A thoracic aortic aneurysm, also known as a thoracic aneurysm or aortic dissection, occurs when a weakness or tear in your aorta (the largest artery in your body) or artery wall causes an abnormal widening, ballooning, and/or bleeding of that blood vessel/artery. Your aorta travels through your chest region, therefore this condition typically occurs in your chest, between your aorta and heart. Your aorta provides blood to your vital organs, tissues, and cells.

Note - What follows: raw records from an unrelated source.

-- ===== src/Settings/Ending.antt =====
-- How reading a configuration of src/cfg.c can end: with numbers in their ranges, by `exit(1)`, or by a failed
-- assertion.
use agentsmith.Base.{
  ℕ, suc, ◌<◌, Bool, true, List, [], ◌∷◌, some, ◌≡◌, refl, ◌⊎◌, inl, inr, arith, Bool-cases,
  Option-cases, length,
}
use agentsmith.Base.Outcome.{Retval, ok}
use agentsmith.Base.Words.{signed_le32}
use agentsmith.Base.Cstring.{Bytes}
use agentsmith.Config.{Config}
use agentsmith.Settings.{Settings, Defaults, init_config}
use agentsmith.Settings.Addresses.{Names, default_listen, is_none_yet}
use agentsmith.Settings.Options.{CfgEntry, cfgcfg, set_config_option, path_ok, check_paths}
use agentsmith.Settings.File.{option_of, do_option, default_if_none, config_read}
use agentsmith.Settings.Sane.{IsSane}
use agentsmith.Settings.Once.{set_each, config_lines_enough}
use agentsmith.Settings.Setting.{
  Ends, Anything, bind-Ends, SameNumbers, listen-Ends, HasSane, set_config_option-Ends,
}

-- The ranges, but that of `server_backlog`, which may also be what it was.
pub record IsNearlySane (old : ℕ) (c : Config) : Type 0 where
  pub others : IsSane (record c { server_backlog = 1 })
  pub backlog : (signed_le32 1 c.server_backlog ≡ true) ⊎ (c.server_backlog ≡ old)

IsSane-IsNearlySane : (old : ℕ) (c : Config) → IsSane c → IsNearlySane old c
IsSane-IsNearlySane old c w = record {
  others = record {
    action_threshold = w.action_threshold;
    time_interval = w.time_interval;
    purge_after = w.purge_after;
    server = w.server;
    server_timeout = w.server_timeout;
    server_backlog = refl;
    maxinconnections = w.maxinconnections;
    inform = w.inform;
    inform_retry_wait = w.inform_retry_wait;
  };
  backlog = inl w.server_backlog;
}

init_config-IsNearlySane :
    (d : Defaults) (s : Settings) → IsNearlySane s.numbers.server_backlog (init_config d s).numbers
unfolding init_config
init_config-IsNearlySane d s = record {
  others = record {
    action_threshold = refl;
    time_interval = refl;
    purge_after = refl;
    server = inl refl;
    server_timeout = refl;
    server_backlog = refl;
    maxinconnections = (refl, refl);
    inform = inl refl;
    inform_retry_wait = refl;
  };
  backlog = inr refl;
}

set_each-Ends :
    (n : Names) (old : ℕ) (lines : List Bytes) (s : Settings)
    → IsNearlySane old s.numbers
    → Ends (λ t. IsNearlySane old t.numbers) (set_each n s lines)
unfolding do_option
set_each-Ends n old [] s w = w
set_each-Ends n old (line ∷ lines) s w = elim (Option-cases (option_of line)) [
  | inl h ↦ rw (h, Ends) (set_each-Ends n old lines s w)
  | inr ((token, value), h) ↦
      rw (h, Ends)
        (bind-Ends HasSane (λ t. IsNearlySane old t.numbers) (set_config_option n token value s) _
          (set_config_option-Ends n token value s)
          (λ s' k. set_each-Ends n old lines s' (IsSane-IsNearlySane old s'.numbers k)))
]

check_paths-Ends :
    (access : Bytes → ℕ → Bool) (es : List CfgEntry) (s : Settings)
    → Ends Anything (check_paths access es s)
unfolding check_paths
check_paths-Ends access [] s = tt
check_paths-Ends access (e ∷ es) s = elim (Bool-cases (path_ok access e.value s)) [
  | inl h ↦ rw (h, Ends) (check_paths-Ends access es s)
  | inr h ↦ rw (h, Ends) refl
]

default_if_none-Ends : (n : Names) (s : Settings) → Ends (SameNumbers s) (default_if_none n s)
unfolding default_if_none
default_if_none-Ends n s = elim (Bool-cases (is_none_yet s.listen)) [
  | inl h ↦ rw (h, Ends) (listen-Ends n default_listen s)
  | inr h ↦ rw (h, Ends) refl
]

-- On a file that is not empty, `config_read` has no undefined behaviour, whatever is in the file and whatever
-- the system answers: it returns RETVAL_OK, exits with code 1, or fails an assertion. If it returns,
-- every number is in its range, but that `server_backlog` may still have the value from before the call.
pub config_read-Ends :
    (d : Defaults) (n : Names) (access : Bytes → ℕ → Bool) (granted : Bool) (file : Bytes)
    (s : Settings)
    → 0 < length file
    → Ends
        (λ (t, r). (r ≡ ok) × IsNearlySane s.numbers.server_backlog t.numbers)
        (config_read d n access granted (some file) s)
unfolding config_read
config_read-Ends d n access granted file s h = elim (Bool-cases granted) [
  | inr g ↦ rw (g, Ends) refl
  | inl g ↦
      let (lines, joins, are, sets) =
        config_lines_enough (suc (suc (length file))) file h (omega arith) in
      let old = s.numbers.server_backlog in
      let Good = λ (t : Settings). IsNearlySane old t.numbers in
      let Result = λ (r : Settings × Retval). (r.1 ≡ ok) × IsNearlySane old r.0.numbers in
      rw (g, sets n (init_config d s), Ends)
        (bind-Ends Good Result (set_each n (init_config d s) lines) _
          (set_each-Ends n old lines (init_config d s) (init_config-IsNearlySane d s))
          (λ t w.
            bind-Ends Anything Result (check_paths access cfgcfg t) _
              (check_paths-Ends access cfgcfg t)
              (λ u v.
                bind-Ends (SameNumbers t) Result (default_if_none n t) _ (default_if_none-Ends n t)
                  (λ t' same. (refl, rw same w)))))
]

If the thoracic aortic aneurysm is slow-growing or small, it may never rupture, however, if it is large and progressive then emergency surgery may be required. A thoracic aortic aneurysm may develop over years, or it may occur suddenly. In addition, some people may not even realize they have an aneurysm until it becomes extremely painful, and/or life-threatening. Treatment may range from observation to surgery. If you suspect that you may have a thoracic aortic aneurysm, it is imperative that you seek immediate medical attention.

Causes

Although the exact cause varies, the most common cause of a thoracic aortic aneurysm is arteriosclerosis, also known as hardening of the arteries. Arteriosclerosis is a type of heart disease that occurs when plaque formations accumulate in your arteries. Plaque buildup in your arteries can weaken arterial walls, and lead to an thoracic aortic aneurysm. Other possible causes include: Marfan syndrome (a connective tissue disease), genetic disorders, nicotine use (smoking), hypertension, and high cholesterol.

Symptoms

In some cases, a thoracic aortic aneurysm occurs suddenly without warning. This typically occurs when the aneurysm tears (ruptures), the wall of your aorta leaks blood (aortic dissections) and/or the aneurysm is fast-growing.Other symptoms associated with a thoracic aortic aneurysm include: hoarseness, swallowing problems, stridor (high-pitched breathing), swelling in your neck, chest pain, upper back pain, nausea, vomiting, clammy skin, accelerated heart rate, and/or a feeling of impending doom.

Treatment Options

Observation

If your thoracic aortic aorta aneurysm is small (approximately 1.6 inches), your physician may opt to observe your aneurysm, every 6 months to a year to check the progression of it. In this case, your physician has deemed that the risks of operating outweigh the benefits.

 

Medications

If hypertension (high blood pressure), high cholesterol, or blocked arteries appear to be contributing to the aneurysm, your physician may prescribe medications to reduce your blood pressure and cholesterol levels, thus lowering your risk of complications. These medications may include: beta blockers, angiotensin II receptor blockers, and/or statins.

Prevention Surgery

In some cases, your physician may recommend prevention surgery. In other words, he or she may determine that surgery is needed to prevent your thoracic aortic aneurysm from rupturing. This type of surgery is typically performed on aneurysms that are between 2.0 and 2.5 inches (i.e. 5 or 6 centimeters). Depending on your condition and the location of your thoracic aortic aneurysm, your physician may recommend: open chest surgery or endovascular surgery.

Emergency Surgery

Lastly, in severe cases, your physician may need to perform emergency surgery in order to save your life. In some cases, a thoracic aortic aneurysm can successfully be repaired (i.e. replacing your aorta with a plastic or fabric graft one) with emergency surgery, but it is important to note that this type of surgery can be life-threatening.